President Barack Obama seems to be working under a serious misapprehension. Releasing the White House’s annual strategic review to the public on December 16, he declared that US policy in Afghanistan was “on track” to defeat Al Qaeda in Afghanistan. Who told him that the US is fighting Al Qaeda in Afghanistan?

“It was Afghanistan where Al Qaeda plotted the 9/11 attacks that murdered 3,000 innocent people,” he said, which is an accurate historical statement.

“It is the tribal regions along the Afghan-Pakistan border from which terrorists have launched more attacks against our homeland and our allies,” Mr Obama continued. Note the leap of logic: Suddenly, he’s no longer talking about Afghanistan, but about the “Afghan-Pakistan border”. In fact, he’s really only talking about the Pakistani side of that frontier, which American forces could not control even if they killed every insurgent in Afghanistan.

“And if an even wider insurgency were to engulf Afghanistan, that would give Al Qaeda even more space to plan these attacks,” Mr Obama concluded. Maybe, but why would Al Qaeda want more space to plan its attacks?

If it actually wants more space, Al Qaeda could easily increase its presence in Somalia, for example, but western Pakistan is quite big enough to hide in. Pakistan also has big, busy airports where Al Qaeda recruits can slip into and out of the country, and it’s far too big for the US to invade.

So, what would be the point of winning a war against the Taliban insurgents in Afghanistan, even if Mr Obama’s apparent belief that they are just the Afghan branch of Al Qaeda were correct?

So long as the US does not control every square metre (foot) of Pakistan — and it never will — the only way to prevent Al Qaeda attacks will remain good intelligence gathering, not heavily armed US troops clattering around in foreign countries. Indeed, good intelligence work is always the best way to stop terrorist attacks.

But what if the Taliban sweep to power in Afghanistan once the Western forces leave? That’s not all that likely to happen, because the Taliban are almost exclusively drawn from one ethnic group, the Pashtuns.

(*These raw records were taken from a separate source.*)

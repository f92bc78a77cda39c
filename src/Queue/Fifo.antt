-- ===== src/Queue/Fifo.antt =====
-- Putting pointers into a queue and taking them out, with the functions of others/Queue.c.
use mathlib.Core.List.{append_assoc, append-nil}
use ez_rtos.Base.{
  ℕ, zero, suc, ◌+◌, ◌-◌, ◌<◌, ◌≡◌, refl, sym, ap, ◌∙◌, ◌≢◌, true, Option, none, some, List, [],
  ◌∷◌, ◌++◌, arith, length, length-append, Ptr, null,
}
use ez_rtos.Queue.{Queue, new_ptr_queue, enqueue_ptr, dequeue_ptr}
use ez_rtos.Queue.Laws.{enqueue_ptr-ptr, dequeue_ptr-cons}

-- Pointers put into a queue one after the other, each in an element at `qe`.
unfoldable pub enqueue_each : Ptr → List Ptr → Queue → Option Queue
enqueue_each qe [] q = some q
enqueue_each qe (p ∷ ps) q = elim (enqueue_ptr q qe p) [
  | none ↦ none
  | some (q', _) ↦ enqueue_each qe ps q'
]

-- As many pointers taken out of it.
unfoldable pub dequeue_each : ℕ → Queue → List Ptr × Queue
dequeue_each zero q = ([], q)
dequeue_each (suc n) q =
    let (p, q') = dequeue_ptr q in let (ps, last) = dequeue_each n q' in (p ∷ ps, last)

abbrev pub holding : Queue → List Ptr → Queue
holding q ps = record q { elements = ps; count = length ps }

enqueue_each-holding :
    (qe : Ptr) (q : Queue) (xs ps : List Ptr)
    → qe ≢ null
    → q.is_ptr_queue ≡ true
    → length xs + length ps < 65535
    → enqueue_each qe ps (holding q xs) ≡ some (holding q (xs ++ ps))
unfolding enqueue_each
enqueue_each-holding qe q xs [] n t h = ap (λ ys. some (holding q ys)) (sym (append-nil xs))
enqueue_each-holding qe q xs (p ∷ ps) n t h =
    let more = length-append xs (p ∷ []) in
    let step : enqueue_ptr (holding q xs) qe p ≡ some (holding q (xs ++ (p ∷ [])), true) =
      enqueue_ptr-ptr (holding q xs) qe p (record { counted = refl; small = omega arith }) t n
      ∙ ap (λ c. some (record q { elements = xs ++ (p ∷ []); count = c }, true)) (sym more) in
    rw (enqueue_each, step)
      (enqueue_each-holding qe q (xs ++ (p ∷ [])) ps n t (omega arith)
        ∙ ap (λ ys. some (holding q ys)) (append_assoc xs (p ∷ []) ps))

dequeue_each-holding :
    (q : Queue) (ps : List Ptr)
    → length ps < 65535
    → dequeue_each (length ps) (holding q ps) ≡ (ps, holding q [])
unfolding dequeue_each
dequeue_each-holding q [] h = refl
dequeue_each-holding q (p ∷ ps) h =
    let c : suc (length ps) - 1 ≡ length ps = omega arith in
    rw
      (
        dequeue_ptr-cons (holding q (p ∷ ps)) p ps (record { counted = refl; small = h }) refl,
        c,
        dequeue_each-holding q ps (omega arith),
      )
      refl

-- Fewer than 65535 pointers put one by one into a new pointer queue, with allocations that succeed,
-- are taken out of it again in the same order, and the queue is then as new.
pub dequeue_each-enqueue_each :
    (qe : Ptr) (ps : List Ptr)
    → qe ≢ null
    → length ps < 65535
    → (q : Queue) × (enqueue_each qe ps new_ptr_queue ≡ some q)
      × (dequeue_each (length ps) q ≡ (ps, new_ptr_queue))
dequeue_each-enqueue_each qe ps n h = (
  holding new_ptr_queue ps,
  enqueue_each-holding qe new_ptr_queue [] ps n refl (omega arith),
  dequeue_each-holding new_ptr_queue ps h,
)
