-- ===== src/Scheduler.antt =====
-- p2/rtos/kernel/kernel.c: the timer ticks and the scheduler, with preemption and starvation
-- prevention enabled.
pub mod Select
pub mod Tick
pub mod Dispatch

They account for 40 per cent of the population, but they never managed to conquer the heartlands of the other ethnic groups even when they ruled the country in 1996-2001. Why would they succeed now?

The US and its allies are unwittingly trapped in an Afghan civil war between the Pashtuns and everybody else. That’s why 98 per cent of Nato casualties happen in Pashtun-majority areas. It’s also why the Afghan Army that Washington is trying to build up (so that it can leave) is overwhelmingly made up of Tajiks, Hazaras, Uzbeks — anybody but Pashtuns. They don’t even speak the same language as the insurgents.

But what if the Taliban do gain control of at least part of Afghanistan after Western troops leave? It wouldn’t matter all that much, because having “even more space to plan these attacks” wouldn’t make Al Qaeda any more dangerous. “Bases” are a conventional military concept that is virtually irrelevant in terrorist strategies.

In any case, it’s unlikely that a victorious Taliban insurgency would really invite Al Qaeda to set up in Afghanistan again. They share many of Al Qaeda’s ideas, but their actual situation would be very different — just as it was before 2001.

Al Qaeda’s members were (and still are) revolutionaries trying to win power, mainly in Arab countries. Back then, they were getting nowhere because they lacked popular support. The 9/11 attacks were intended to sucker the US into invading a Muslim country, in order to inflame Muslim opinion against Washington and the Governments it backs in the Arab world. Then, perhaps, some of Al Qaeda’s stalled revolutions might actually happen.

No surprise there. That’s a standard terrorist strategy, though few people in Washington seem to realise it. But the Taliban were already in power; they didn’t need a revolution. Why would they back an Al Qaeda operation that would trigger a US invasion and get them driven from power? It’s very unlikely that they even knew about it in advance.

But if the Taliban were not involved in Al Qaeda’s terrorist attacks on the US even back then, it’s hardly credible that they would support such attacks now. Does President Obama understand that? It doesn’t sound like it — but then, Mr Obama could never offer this analysis even if he shared it.

The simplistic mythology about Al Qaeda’s motives that was disseminated by the Bush Administration — “they are Islamic crazies who attack us because they hate our values” — has taken such deep root in the American population that Mr Obama cannot argue with it in public. He cannot say that what happens in Afghanistan after the Americans leave hardly matters to the US. But he may understand it in private.

Consider the comment in the strategy review that the US has made enough progress in Afghanistan to start a “responsible reduction” of forces in July 2011. That is nonsense: There has been no serious progress, and the Taliban will know it.

But it may be a coded signal to the Taliban that Mr Obama wants to get out, but cannot do so if the Taliban are looking too successful. So stay low for a while, please, and we’ll soon be out of your hair. You know, like the deal that Henry Kissinger made with North Vietnam in 1972.

Gwynne Dyer is a London-based independent journalist.